Shared Mental Models for Human-Robot Teaming
When humans work in teams, it is crucial for the members to develop fluent team behavior. We believe that the same holds for robot teammates, if they are to perform in a similarly fluent manner as members of a human-robot team. Our collaborative planning and execution algorithms are inspired by studies in human team coordination, and aim to support a mutual adaptation process for humans and robot that produces fluency in joint-action. This goal of the research is to improve the efficiency of manual assembly processes through human-robot collaboration. This work is performed in collaboration with ABB.
Fast Scheduling of Human-Robot Teams with Temporospatial Constraints
New uses of robotics in traditionally manual manufacturing processes require the careful choreography of human and robotic agents to support safe and efficient coordinated work. Tasks must be allocated among agents and scheduled to meet temporal deadlines and spatial restrictions on agent proximity. These systems must also be capable of replanning on-the-fly to adapt to disturbances in the schedule and to respond to people working in close physical proximity. We are developing fast, near optimal task assignment and scheduling algorithms that scale to multiagent, factory-size problems and support on-the-fly replanning with temporal and spatial-proximity constraints. We demonstrate that this capability enables human and robotic agents to effectively work together in close proximity to perform manufacturing-relevant tasks, including multi-robot composite material placement, drilling, and robotic assistance in manual tasks. This research is performed in collaboration with Boeing Research and Technology.
Improving the Efficiency of Close Proximity Human-Robot Collaboration
Manipulation tasks where humans and robots share a common volume represent new challenges for robotics in manufacturing environments. The robot's motion planning algorithm requires an awareness of the human’s pose and his or her next actions to compute trajectories that synchronize naturally with the human motion. We are developing statistical models and algorithms to predict in real time the behavior of a human working together with a robot, using both human motion and task procedure information. The efficacy of the approach is evaluated through human subject experimentation. This capability is used by the robot to deconflict work assignments, assist in manipulation tasks, and support the human by providing tools and materials at the right time.

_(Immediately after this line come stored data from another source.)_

-- ===== src/State/Frames/Return.antt =====
-- A call and its return in src/state.rs.
use rand_verifier.Prelude.{
  sym, ℕ, suc, ◌≡◌, ◌∙◌, ap, true, some, none, ok, length, get_or, set, ◌==◌, false, ◌-◌,
  get_or-set_self, arith, leb, if-err-eq-ok,
}
use rand_verifier.State.Frames.{
  VerifierState, FrameState, reg_at, without_args, callee_state, call_subprog, return_from_subprog,
}

-- The caller's state behind the call: its registers with R0 of the callee and no arguments, its stack
-- and return address, and what the callee has left of the rest.
abbrev resumed_at : ℕ → VerifierState → VerifierState → VerifierState
resumed_at depth caller callee = record callee {
  saved = set callee.saved depth none;
  curframe = depth;
  ret_pc = caller.ret_pc;
  stack = caller.stack;
  regs = without_args (set caller.regs 0 (reg_at callee.regs 0));
}

abbrev pub resumed : VerifierState → VerifierState → VerifierState
resumed caller callee = resumed_at caller.curframe caller callee

-- After a call that is not refused, a state at the callee's depth with the frames that the call
-- saved returns to the caller's registers without the arguments and with R0 of the callee, its
-- stack, its return address and its depth, the caller's slot freed.
pub return_from_subprog-call_subprog :
    (s entered t : VerifierState) (return_pc : ℕ)
    → length s.saved ≡ 15
    → call_subprog s return_pc ≡ ok entered
    → t.curframe ≡ entered.curframe
    → t.saved ≡ entered.saved
    → return_from_subprog t ≡ (resumed s t, true)
unfolding call_subprog callee_state return_from_subprog
return_from_subprog-call_subprog s entered t return_pc n h d e =
    let (low, accepted) = if-err-eq-ok (leb 15 s.curframe) _ _ h in
    let same : callee_state s return_pc ≡ entered = cc accepted in
    let frame : FrameState = record { regs = s.regs; stack = s.stack; ret_pc = s.ret_pc } in
    let depth : t.curframe ≡ suc s.curframe =
      d ∙ sym (ap (λ (u : VerifierState). u.curframe) same) ∙ omega arith in
    let found : get_or t.saved s.curframe none ≡ some frame =
      ap (λ xs. get_or xs s.curframe none) (e ∙ sym (ap (λ (u : VerifierState). u.saved) same))
      ∙ get_or-set_self s.saved s.curframe (some frame) none (ground arith) in
    let not_main : (t.curframe == 0) ≡ false = ground (arith, depth) in
    let lower : t.curframe - 1 ≡ s.curframe = omega (arith, depth) in
    let found' : get_or t.saved (t.curframe - 1) none ≡ some frame = rw lower found in
    rw (return_from_subprog, not_main, found') (ap (λ depth. (resumed_at depth s t, true)) lower)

Intelligent Machine Participation in Human Meetings
Inherent human limitations pose significant challenges for team planning in a highly dynamic crisis environment. Stress, urgency, resource conflict, and confirmation bias may get in the way of establishing a clear shared mental model of what needs to get done and how the response team will proceed. Our research effort is aimed at developing intelligent agents that effectively particpate in human team planning session for disaster response. We are developing algorithms to detect weak agreements among team members at planning time, and track plan formation directly from the human team's planning conversation. This reseach is performed in collaboration with Lincoln Laboratory, and our long term goal is to integrate this technology into the Next Generation Incident Command System (NICS), a web-based tool for distributed planning and shared situational awareness.
Mobile Robotic Assistants for Manufacturing Environments
Human workers in assembly spend a significant portion of their time retrieving and staging tools and parts for each job. A robotic assistant can provide productivity benefit by performing these non-value-added tasks for the worker. In this project, we are developing a mobile robot to assist workers on an automotive assembly line. The robot must navigate a confined and busy space. Motion planning techniques that treat people as obstacles can significantly degrade the efficiency of the system. We're developing planning techniques the incorporate models of human behavior to anticipate human motions and actions. Our aim is to use these models of human behavior to improve the efficiency with which the robot traverses the line and maneuvers around people.